From the entries that follow, pick out all lines holding "abbrev".

━━ Material for the task ━━

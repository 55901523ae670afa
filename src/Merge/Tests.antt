-- ===== src/Merge/Tests.antt =====
-- Two small BUILD files, for go/src/dropbox/build_tools/build-merge/main.go.

use dbx_build_tools.Base.{
  ℕ, ◌≡◌, refl, true, List, [], ◌∷◌, Str, codes, str_eq, sort_strings, lookup, insert, has_prefix,
  has,
}
use dbx_build_tools.Base.Result.{ok}
use dbx_build_tools.Merge.Expr.{
  Expr, Exprs, nil, cons, ident, string_lit, list, binary, call, assign, other, Assign, no_comments,
  maybe_merge_expr, maybe_merge_expr_sum, summands,
}
use dbx_build_tools.Merge.Parse.{Parsed, Store, parse}
use dbx_build_tools.Merge.File.{Output, merge}

abbrev lists : Expr × Exprs
lists = (list (cons (string_lit (codes "a")) nil), cons (string_lit (codes "b")) nil)

merge_lists :
    maybe_merge_expr lists.0 (list lists.1) (codes "srcs") (codes "additional_srcs")
    ≡ ok (binary (lists.0) (codes "+") true (list lists.1))
unfolding maybe_merge_expr
merge_lists = refl

maybe_merge_expr_sum_example :
    summands (binary (lists.0) (codes "+") true (list lists.1)) ≡ lists.0 ∷ list lists.1 ∷ []
maybe_merge_expr_sum_example =
    maybe_merge_expr_sum lists.0 lists.1 (codes "srcs") (codes "additional_srcs")
      (binary (lists.0) (codes "+") true (list lists.1)) merge_lists

abbrev names : List Assign
names =
    record { lhs = ident (codes "name"); rhs = string_lit (codes "t") }
    ∷ record { lhs = ident (codes "name"); rhs = string_lit (codes "t") }
    ∷ []

abbrev rule : ℕ → Expr
rule r = call (ident (codes "rule")) (cons (assign r) nil) no_comments

-- Both files declare the target `t`, and the second has one more statement.
abbrev first : Parsed × Store
first = parse no_comments (rule 0 ∷ []) (record { assigns = names; mergeables = [] })

abbrev second : Parsed × Store
second = parse no_comments (rule 1 ∷ other 7 ∷ []) first.1

abbrev same_order : List Str → List Str
same_order l = l

abbrev joined : Output
joined = record {
  stmts = rule 1 ∷ other 7 ∷ [];
  store = record {
    assigns = names;
    mergeables =
        record { stmt = rule 0; merged = true; target_name = codes "t" }
        ∷ record { stmt = rule 1; merged = true; target_name = codes "t" }
        ∷ record { stmt = other 7; merged = true; target_name = [] }
        ∷ [];
  };
}

merge-joined : merge same_order first.0 second.0 second.1 ≡ ok (no_comments, joined)
unfolding merge parse str_eq sort_strings lookup insert has_prefix has
merge-joined = refl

━━━

- **Written answer**:
abbrev lists : Expr × Exprs
abbrev names : List Assign
abbrev rule : ℕ → Expr
abbrev first : Parsed × Store
abbrev second : Parsed × Store
abbrev same_order : List Str → List Str
abbrev joined : Output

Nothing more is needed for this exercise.